Chris Armstrong (again - the man does write about some interesting topics) has an interesting set of discussions regarding:
- Community and the Long Tail (pt 1)
- Community and the Long Tail (pt 2)
- Filters and the Long Tail: Part 1, Part 2, Part 3,
- Remixing and the Long Tail
At some level, all this stuff is about the same stuff - that people can self-select into small groups of high affinity, and that content, goods and services can do the same.
Chris' point about Filters is critical - this is the value of the community and the long tail - finding what is relvant to the community. Without "tastemakers" / "agents" who either set the trends or fill needs based on demand, the community will disappate. In my experience, the value people receive in exchange fore participating in a community comes from:
- Sharing: Connecting with like-minded people
- Learning: Becoming more educated about their interest / affinity
- Acquiring: Finding goods and/or services that are related to the affinity
Filters are critical for all three endeavors. Filters, to rehash Gladwell, serve as teachers (Mavens), promoters (Salesmen) and, well, Connectors.
As Chris points out, however, these rols no longer need to be performed by individuals, or evey by any human.
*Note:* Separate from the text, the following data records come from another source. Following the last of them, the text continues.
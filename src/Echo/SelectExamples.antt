-- ===== src/Echo/SelectExamples.antt =====
-- The listening socket is 3, and 4 and 5 have joined.
use network_ex.Common.{
  ℕ, ◌≤◌, ◌<◌, ◌≡◌, refl, true, none, some, [], ◌∷◌, map, length, ◌==◌, ◌||◌, arith,
}
use network_ex.Common.Bytes.{Bytes, codes}
use network_ex.Common.Int.{pos}
use network_ex.Echo.NonBlocking.{write}
use network_ex.Echo.Select.{set_size, fd_set_to, Server, start, Events, select_round, select_run}
use network_ex.Echo.Ready.{ready_from, Says, select_round_echoes}
use network_ex.Echo.Watched.{select_run_watches}

abbrev joins : ℕ → Events
joins fd = record { allfds = λ i. i == 3; fd_num = pos 1; accepted = some fd; reads = λ i. none }

abbrev two_joined : Server
two_joined = record { readfds = fd_set_to (fd_set_to (start 3).readfds 4 true) 5 true; maxfd = 5 }

joins-run : select_run 3 (start 3) (joins 4 ∷ joins 5 ∷ []) ≡ some two_joined
unfolding select_run select_round start
joins-run = refl

select_run_watches_example :
    (two_joined.readfds 3 ≡ true)
    × (two_joined.maxfd < set_size)
    × ((i : ℕ) → two_joined.readfds i ≡ true → i ≤ two_joined.maxfd)
select_run_watches_example =
    select_run_watches 3 (joins 4 ∷ joins 5 ∷ []) two_joined (omega arith) joins-run

abbrev hello : ℕ → Bytes
hello fd = codes "hello"

abbrev both_speak : Events
both_speak = record {
  allfds = λ i. i == 4 || i == 5;
  fd_num = pos 2;
  accepted = none;
  reads = λ i. some (hello i);
}

both_say : (k : ℕ) → both_speak.allfds k ≡ true → Says both_speak k (hello k)
both_say k h = record {
  sent = refl;
  not_empty = λ e. ground arith;
  no_nul = omega arith;
  room = omega arith;
  no_quit = refl;
}

two_ready : length (ready_from both_speak.allfds 6 0) ≤ 2
unfolding ready_from
two_ready = omega arith

select_round_echoes_example :
    select_round 3 two_joined both_speak
    ≡ some (record {
      server = two_joined;
      outputs = map (λ k. write k (hello k)) (ready_from both_speak.allfds 6 0);
    })
select_round_echoes_example =
    select_round_echoes 3 2 two_joined both_speak hello refl refl two_ready both_say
Instead, software can now step in and create new forms of filtering. Software can connect you to people (e.g., eHarmony), goods and services (Amazon's "people who bought this also bought"), and information (Related Stories on the NY Times). What's important about this? Well, it allows for a couple of things:
1. Communities to form with less friction.
With software easing the movement of information, I no longer have to rely on knowing "the right people" to find what I need / what's important. Thus, I can stay current with the community with less effort.
2. Clearing prices to normalize, decreasing arbitrage margins
With poor information / information asymmetry, generally there are some enterprising types who can find one person's junk and turn around and sell it to someone else for whom it is a treasure. This means that the arbitrageur makes a tremendous margin on a single transaction, but it also means that very few transactions actually clear. As people get a clearer sense of what is demanded and what is available, the prices should move toward equilibrium, meaning that even though the arbitrage margin will dwindle, the volume should increase. This is classic long tail economics, but always worth remembering because often people ignore investing in the long tail because they feel "there is no money there". What they mean, of course, is that there is little visible demand at the time they are making the investment decision. However, if they could identify the latent demand, they might see a significantly different financial picture.